TASK DETAILS: Search the entries below for the word "SelectionDecision" and copy every line where it appears.

[Excerpts from a dataset]
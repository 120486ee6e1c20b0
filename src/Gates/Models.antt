-- ===== src/Gates/Models.antt =====
-- Inputs and results of the gates and of the selectors: agentloopgate/gates/models.py.
use agent_loop_gate.Base.{
  ℕ, String, Bool, true, false, not, ◌&&◌, ◌||◌, ◌-◌, Option, none, some, List, [], ◌∷◌, Result, ok,
  err, raise_if, ◌>>◌, ltb, ◌==◌, same_set, keys, values, length, count, is_some, is_none, str_eq,
}
use agent_loop_gate.Base.Int.{ℤ}
use agent_loop_gate.Base.Decimals.{Decimal, le}
use agent_loop_gate.Schemas.{GateName, RiskTier, gate_name_eq, ArtifactId, Digest, NonEmpty}
use agent_loop_gate.Schemas.Contract.{all_gates}
use agent_loop_gate.Schemas.Candidate.{DecisionRecord}

pub record GateAssessment : Type 0 where
  pub candidate_id : ArtifactId
  pub baseline_snapshot_id : ArtifactId
  pub evaluation_integrity_complete : Bool
  pub leakage_hits : ℕ
  pub mutates_trust_kernel : Bool
  pub risk_tier : RiskTier
  pub release_critical_violations : ℕ
  pub id_stable_task_net : ℤ
  pub ood_stable_task_net : ℤ
  pub replay_stable_task_net : ℤ
  pub catastrophic_regressions : ℕ
  pub reliability_complete : Bool
  pub reliability_trials : ℕ
  pub stable_success_required : ℕ
  pub baseline_mean_cost : Decimal
  pub candidate_mean_cost : Decimal
  pub baseline_p50_latency_ms : Decimal
  pub candidate_p50_latency_ms : Decimal
  pub evidence_refs : List (GateName × NonEmpty)

-- The `ge=1` constraints and `evidence_is_complete`.
unfoldable pub check_assessment : GateAssessment → Result String (Unit {0})
check_assessment a = do
  raise_if (a.reliability_trials == 0) "reliability_trials"
  raise_if (a.stable_success_required == 0) "stable_success_required"
  raise_if (not (same_set (keys a.evidence_refs) all_gates)) "evidence_refs must contain every gate"
  ok tt

pub record GateOutcome : Type 0 where
  pub decision_record : DecisionRecord
  pub failed_gate : Option GateName
  pub reason : NonEmpty

-- A `Decimal` with a sign, which only a native score can have.
pub record SignedDecimal : Type 0 where
  pub negative : Bool
  pub magnitude : Decimal

pub record CandidateSelectionInput : Type 0 where
  pub candidate_id : ArtifactId
  pub native_score : Option SignedDecimal
  pub native_rank : Option ℕ
  pub native_signal_ref : Option String
  pub evaluation_complete : Bool
  pub stable_success_task_count : ℕ
  pub critical_violations : ℕ
  pub mean_cost : Decimal
  pub p50_latency_ms : Decimal
  pub stable_task_outcomes : Option (List (ArtifactId × Bool))
  pub whole_attempt_cost_usd : Option Decimal
  pub task_attempt_count : Option ℕ
  pub retry_count : Option ℕ
  pub timeout_count : Option ℕ
  pub p95_latency_ms : Option Decimal
  pub max_latency_ms : Option Decimal
  pub operational_evidence_refs : Option (List NonEmpty)

-- The tests on the attempts and the latencies. The source's subtraction is signed, and the test
-- above it has excluded a negative difference.
unfoldable pub check_operations :
    List (ArtifactId × Bool) → ℕ → ℕ → Decimal → Decimal → Decimal → Result String (Unit {0})
check_operations outcomes attempts retries p50 p95 max_latency = do
  raise_if (ltb attempts (length outcomes)) "task attempt count cannot be smaller than task count"
  raise_if (ltb (attempts - length outcomes) retries)
      "retry count conflicts with task attempt count"
  raise_if (not (le p50 p95 && le p95 max_latency)) "selection latency quantiles are not monotonic"
  ok tt

abbrev is_empty : List NonEmpty → Bool
is_empty [] = true
is_empty (r ∷ rs) = false

-- The tests on the enhanced evidence: none of it, or all of it and consistent.
unfoldable pub check_enhanced :
    CandidateSelectionInput
    → Option (List (ArtifactId × Bool))
    → Option ℕ
    → Option ℕ
    → Option Decimal
    → Option Decimal
    → Option (List NonEmpty)
    → Result String (Unit {0})
unfolding check_operations
check_enhanced c (some outcomes) (some attempts) (some retries) (some p95) (some max_latency)
      (some refs) =
    do
      raise_if (is_none c.whole_attempt_cost_usd || is_none c.timeout_count)
          "enhanced selection evidence must be complete"
      raise_if (not (count (λ b. b) (values outcomes) == c.stable_success_task_count))
          "stable outcomes conflict with stable success count"
      raise_if (is_empty refs) "enhanced selection requires evidence references"
      check_operations outcomes attempts retries c.p50_latency_ms p95 max_latency
check_enhanced c none none none none none none =
    raise_if (is_some c.whole_attempt_cost_usd || is_some c.timeout_count)
      "enhanced selection evidence must be complete"
check_enhanced c _ _ _ _ _ _ = err "enhanced selection evidence must be complete"

abbrev no_reference : Option String → Bool
no_reference none = true
no_reference (some s) = str_eq s ""

-- `native_signal_is_unambiguous`
unfoldable pub check_selection_input : CandidateSelectionInput → Result String (Unit {0})
unfolding check_enhanced
check_selection_input c = do
  raise_if (elim c.native_rank [ none ↦ false | some r ↦ r == 0 ]) "native_rank"
  raise_if (elim c.task_attempt_count [ none ↦ false | some n ↦ n == 0 ]) "task_attempt_count"
  raise_if
      (elim (is_none c.native_score) [
        | true ↦ is_none c.native_rank
        | false ↦ is_some c.native_rank
      ])
      "exactly one native score or native rank is required"
  raise_if (is_some c.native_rank && no_reference c.native_signal_ref)
      "native rank requires its external signal reference"
  check_enhanced c c.stable_task_outcomes c.task_attempt_count c.retry_count c.p95_latency_ms
      c.max_latency_ms c.operational_evidence_refs

pub record BaselineSelectionInput : Type 0 where
  pub snapshot_id : ArtifactId
  pub evaluation_complete : Bool
  pub stable_success_task_count : ℕ
  pub stable_task_outcomes : List (ArtifactId × Bool)
  pub critical_violations : ℕ
  pub mean_cost : Decimal
  pub whole_attempt_cost_usd : Decimal
  pub task_attempt_count : ℕ
  pub retry_count : ℕ
  pub timeout_count : ℕ
  pub p50_latency_ms : Decimal
  pub p95_latency_ms : Decimal
  pub max_latency_ms : Decimal
  pub operational_evidence_refs : List NonEmpty

-- The length constraints and `evidence_is_consistent`. The source's subtraction is signed, and
-- the test above it has excluded a negative difference.
unfoldable pub check_baseline : BaselineSelectionInput → Result String (Unit {0})
check_baseline b = do
  raise_if (length b.stable_task_outcomes == 0) "stable_task_outcomes"
  raise_if (b.task_attempt_count == 0) "task_attempt_count"
  raise_if (ltb (length b.operational_evidence_refs) 3) "operational_evidence_refs"
  raise_if (not (count (λ x. x) (values b.stable_task_outcomes) == b.stable_success_task_count))
      "baseline outcomes conflict with stable success count"
  raise_if (ltb b.task_attempt_count (length b.stable_task_outcomes))
      "baseline task attempt count is too small"
  raise_if (ltb (b.task_attempt_count - length b.stable_task_outcomes) b.retry_count)
      "baseline retry count conflicts with task attempts"
  raise_if (not (le b.p50_latency_ms b.p95_latency_ms && le b.p95_latency_ms b.max_latency_ms))
      "baseline latency quantiles are not monotonic"
  ok tt

pub record SelectionPolicy : Type 0 where
  pub whole_attempt_cost_ratio_max : Decimal
  pub p95_latency_ratio_max : Decimal
  pub max_retry_increase : ℕ
  pub max_timeout_increase : ℕ

-- The schema versions `1.0` and `1.1`.
pub data SelectionVersion : Type 0 where
  legacy governed : SelectionVersion

pub data SelectionDecision : Type 0 where
  select hold : SelectionDecision

pub record DualSelection : Type 0 where
  pub schema_version : SelectionVersion
  pub native_candidate_id : ArtifactId
  pub agentloopgate_candidate_id : Option ArtifactId
  pub ladder_digest : NonEmpty
  pub agentloopgate_decision : Option SelectionDecision
  pub decision_reason : Option NonEmpty
  pub baseline_snapshot_id : Option ArtifactId
  pub baseline_digest : Option Digest
  pub policy_digest : Option Digest
  pub governance_findings : Option (List (ArtifactId × List NonEmpty))

-- `any(item is not None for item in governed)` and `any(item is None for item in governed)`.
abbrev any_governed : DualSelection → Bool
any_governed s =
    is_some s.agentloopgate_decision
    || is_some s.decision_reason
    || is_some s.baseline_snapshot_id
    || is_some s.baseline_digest
    || is_some s.policy_digest
    || is_some s.governance_findings

abbrev any_missing : DualSelection → Bool
any_missing s =
    is_none s.agentloopgate_decision
    || is_none s.decision_reason
    || is_none s.baseline_snapshot_id
    || is_none s.baseline_digest
    || is_none s.policy_digest
    || is_none s.governance_findings

abbrev check_decision : Option SelectionDecision → Option ArtifactId → Result String (Unit {0})
check_decision (some select) c = raise_if (is_none c) "SELECT requires a governed candidate"
check_decision (some hold) c = raise_if (is_some c) "HOLD cannot name a governed candidate"
check_decision none c = raise_if (is_some c) "HOLD cannot name a governed candidate"

-- `decision_matches_schema`
unfoldable pub check_selection : DualSelection → Result String (Unit {0})
check_selection s = elim s.schema_version [
  | legacy ↦ do
    raise_if (is_none s.agentloopgate_candidate_id) "legacy selection requires a governed candidate"
    raise_if (any_governed s) "legacy selection cannot contain abstention evidence"
    ok tt
  | governed ↦ do
    raise_if (any_missing s) "selection 1.1 requires baseline, policy, and findings"
    check_decision s.agentloopgate_decision s.agentloopgate_candidate_id
]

FINAL ANSWER:
pub data SelectionDecision : Type 0 where
  select hold : SelectionDecision
  pub agentloopgate_decision : Option SelectionDecision
abbrev check_decision : Option SelectionDecision → Option ArtifactId → Result String (Unit {0})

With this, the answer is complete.